Thank you for your response. I do have a dog that has issues but I was not aware that this would happen. He has never shown this type of issue before. We did have the food bowl issue but that was worked out with the training we were going to. Haven't had that issue for over 6 months. Never in a million years thought he would bite someone. I did learn the hard way and I feel awful that my little neighbor was the one it happened to. The trainer and I both feel that with continued training, he can be a great dog. I don't want to euthanize if I can find the best home for him. I'm sorry if others don't agree. 
I did in a recent post state that I have contacted the other owners and no one with these same issues. Hope this answered everything.


----------



## s14roller

Can anyone explain the difference between us humans dealing with our landsharks and their nips, etc but when the dog nips a child, all **** breaks loose? 

I have light scraps all up and down my arms from my pup's niping...she never bites hard, but obv has sharp tiny teeth. If a 11month old GSD wanted to bite the child, I think it would be a bit more than just a few layers of skin...so I can only assume it was a nip just like the many threads of owners who talk about the same issue. 

??


----------



## DJEtzel

Well, I read through page 3, so excuse me if I say something that has already been noted. That was a lot to take in.

Does anyone else NOT see this as a serious bite? It sounds IMO like a mouthy puppy wanting to play, but one who is far too large to be playing like that. We already know the dog will warn with a growl, so he must not have been insecure or fearful, he jumped on the girl, and just bruised her arm, tearing some skin which was apparently not his intent. So it sounds to me like she was leaving and Cisco wanted to play which was engaged by her moving. He jumped and mouthed, and bruised her up. 

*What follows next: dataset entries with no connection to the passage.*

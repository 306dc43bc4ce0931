-- ===== src/Orders/Publisher/Laws.antt =====
-- One opening at a time, and what a lost channel leaves behind.
use platform_engineering_lab.Prelude.{
  ℕ, ◌≤◌, ◌≡◌, ◌≢◌, ap, ◌∙◌, any, ◌⊎◌, inl, inr, refl, Bool, true, false, List, [], ◌∷◌, none, some,
  eqb, arith, Bool-cases, Option-cases,
}
use platform_engineering_lab.Orders.Publisher.{
  Publisher, Step, asks, opens, fails, loses_channel, loses_conn, Reachable, at_start, after,
  get_channel, opened, open_failed, channel_closed, conn_closed, on_module_destroy, without,
  promised,
}

-- `opening` is set exactly while one call of `open` runs, and then there is no channel.
pub record IsSingle (s : Publisher) : Type 0 where
  pub one :
      ((s.opening ≡ true) × (s.running ≡ 1) × (s.channel ≡ none))
      ⊎ ((s.opening ≡ false) × (s.running ≡ 0))

one_at_most : (s : Publisher) → IsSingle s → s.running ≤ 1
one_at_most s i = elim i.one [ inl (o, r, c) ↦ omega (arith, r) | inr (o, r) ↦ omega (arith, r) ]

step-IsSingle : {s t : Publisher} → IsSingle s → Step s t → IsSingle t
unfolding get_channel opened open_failed channel_closed conn_closed
step-IsSingle i (asks s) = record {
  one = elim i.one [
    | inl (o, r, c) ↦ inl (ground arith, ground arith, ground arith)
    | inr (o, r) ↦ elim (Option-cases s.channel) [
      | inl absent ↦ inl (ground arith, ground arith, ground arith)
      | inr (d, there) ↦ inr (ground arith, ground arith)
    ]
  ];
}
step-IsSingle i (opens s c n h) = record { one = inr (refl, ground (arith, one_at_most s i)) }
step-IsSingle i (fails s n h) = record { one = inr (refl, ground (arith, one_at_most s i)) }
step-IsSingle i (loses_channel s c) = record {
  one = elim i.one [ inl (o, r, e) ↦ inl (o, r, ground arith) | inr (o, r) ↦ inr (o, r) ];
}
step-IsSingle i (loses_conn s c) = record {
  one = elim i.one [ inl (o, r, e) ↦ inl (o, r, refl) | inr (o, r) ↦ inr (o, r) ];
}

all-IsSingle : {s : Publisher} → Reachable s → IsSingle s
all-IsSingle at_start = record { one = inr (refl, refl) }
all-IsSingle (after r step) = step-IsSingle (all-IsSingle r) step

-- Whatever happens, at most one opening runs at a time, which all publications share, and none while
-- there is a channel.
pub reachable-IsSingle : (s : Publisher) → Reachable s → IsSingle s
reachable-IsSingle s r = all-IsSingle r

abbrev pub is_up : ℕ → List ℕ → Bool
is_up c = any (λ d. eqb d c)

stays_up : (c d : ℕ) (ds : List ℕ) → c ≢ d → is_up c ds ≡ true → is_up c (without d ds) ≡ true
stays_up c d [] other h = cc
stays_up c d (e ∷ ds) other h = elim (Bool-cases (eqb e c)) [
  | inl here ↦ ground (arith, here)
  | inr there ↦ let rest = stays_up c d ds other (ground arith) in ground (arith, rest)
]

still_up : (c d : ℕ) (ds : List ℕ) → is_up c ds ≡ true → is_up c (d ∷ ds) ≡ true
still_up c d ds h = ground (arith, h)

get_channel-up : (s : Publisher) (c : ℕ) → (get_channel (channel_closed c s)).1.up ≡ s.up
unfolding get_channel channel_closed
get_channel-up s c = ground arith

asks-again :
    (s : Publisher) (c : ℕ) → s.channel ≡ some c → (get_channel (channel_closed c s)).0 ≡ promised
unfolding get_channel channel_closed
asks-again s c has = ground arith

-- Where only the channel of a connection is closed, the next publication opens another connection,
-- which replaces the first without closing it: that one is still up after the service has shut down.
pub channel_closed-leaks :
    (s : Publisher) (c d : ℕ)
    → c ≢ d
    → s.channel ≡ some c
    → is_up c s.up ≡ true
    → ((get_channel (channel_closed c s)).0 ≡ promised)
      × (is_up c (on_module_destroy (opened d (get_channel (channel_closed c s)).1)).up ≡ true)
unfolding opened on_module_destroy
channel_closed-leaks s c d other has up =
    let x = (get_channel (channel_closed c s)).1 in
    let kept : is_up c x.up ≡ true = ap (is_up c) (get_channel-up s c) ∙ up in
    (asks-again s c has, stays_up c d (d ∷ x.up) other (still_up c d x.up kept))
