-- ===== src/Orders/Publisher/Tests.antt =====
-- A channel that is lost.
use platform_engineering_lab.Prelude.{ℕ, ◌≡◌, ◌≢◌, refl, true, false, [], ◌∷◌, some}
use platform_engineering_lab.Orders.Publisher.{
  Publisher, promised, asks, at_start, after, idle, get_channel, opened, channel_closed,
  on_module_destroy,
}
use platform_engineering_lab.Orders.Publisher.Laws.{
  IsSingle, is_up, reachable-IsSingle, channel_closed-leaks,
}

abbrev connected : Publisher
connected = record { conn = some 1; channel = some 1; opening = false; running = 0; up = 1 ∷ [] }

reachable-IsSingle_example : IsSingle (get_channel idle).1
reachable-IsSingle_example = reachable-IsSingle (get_channel idle).1 (after at_start (asks idle))

one≢two : ◌≢◌ {A = ℕ} 1 2
one≢two e = cc

channel_closed-leaks_example :
    ((get_channel (channel_closed 1 connected)).0 ≡ promised)
    × (is_up 1 (on_module_destroy (opened 2 (get_channel (channel_closed 1 connected)).1)).up
        ≡ true)
channel_closed-leaks_example = channel_closed-leaks connected 1 2 one≢two refl refl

This just sounds like a complete lack of training to me. Rehoming is definitely in the best interest of the dog because the OPs family is obviously not equipped to deal with such a dog, but putting it down? I think that's the last option I would ever take.


----------



## DJEtzel

s14roller said:


> Can anyone explain the difference between us humans dealing with our landsharks and their nips, etc but when the dog nips a child, all **** breaks loose?
> 
> I have light scraps all up and down my arms from my pup's niping...she never bites hard, but obv has sharp tiny teeth. If a 11month old GSD wanted to bite the child, I think it would be a bit more than just a few layers of skin...so I can only assume it was a nip just like the many threads of owners who talk about the same issue.
> 
> ??


I couldn't agree more.


----------



## Sadiesmama

selzer said:


> That is AWESOME. I hope it works out.
> 
> Your kids do come first, of course. And there is no way you can give this dog what he needs -- kids and friends and other obligations. These other people sound like they are experienced and dedicated to the training and going into it with their eyes open.
> 
> I think this is giving Cisco his best chance at a good and full life.
> 
> Thank you for giving him a second shot. The fourteen month old dog that bit up the kids face has not gotten nearly the harsh responses your dog has, nor the dog who is a year old and biting his owner and kid -- they are still saying training, behaviorist to that person. I think your dog who is youngest, and who's incident, also less severe, I think has the best shot now.


Selzer, 
Thank you, your response makes me feel much better. I know I started this post wanting peoples opinions and help but I'm feeling really bad about opening this up. I didn't realize how many different opinions I would get. All the way from "Awful dog-euthanize" to "find new home-no kids" to "you created him, you fix him". I'm at a loss. I have worked with him. Taken him to training weekly, worked with him at home almost every night. I really NEVER saw this happening from him. He is a great dog and has done so much better than his Mama with learning commands. Sadie is stubborn. I feel like I've tried to make him a great dog. He gets walks daily, goes to town with me to socialize, etc... What didn't I do? That's what I keep asking myself. I feel I'm choosing the best option for him and I'm sorry if others don't agree. Oh well, thank you for your help though, it's really appreciated. 

For everyone,
I do appreciate everyone elses thoughts and opinions. I'm sorry that I created a very emotional/controversial post. I did feel euthanizing was the route to go that night, but once I had a chance to think about it, I didn't think it was fair to him. If I can't help him (and I'm glad I can realize this) then I want to find a great home (that knows everything) that is willing to give him the help that I can't. Please know that this situation and decision was not easy to make. If I didn't have kids, this wouldn't even be a post. I would be able to devote all my time to him without the fear of my kids or others getting hurt. I understand everyones opinion and don't feel they are right or wrong in feeling that way. This has helped me though very much. Thank you to everyone again!


----------



## selzer

Some of us are not yelling "OFF WITH HIS HEAD."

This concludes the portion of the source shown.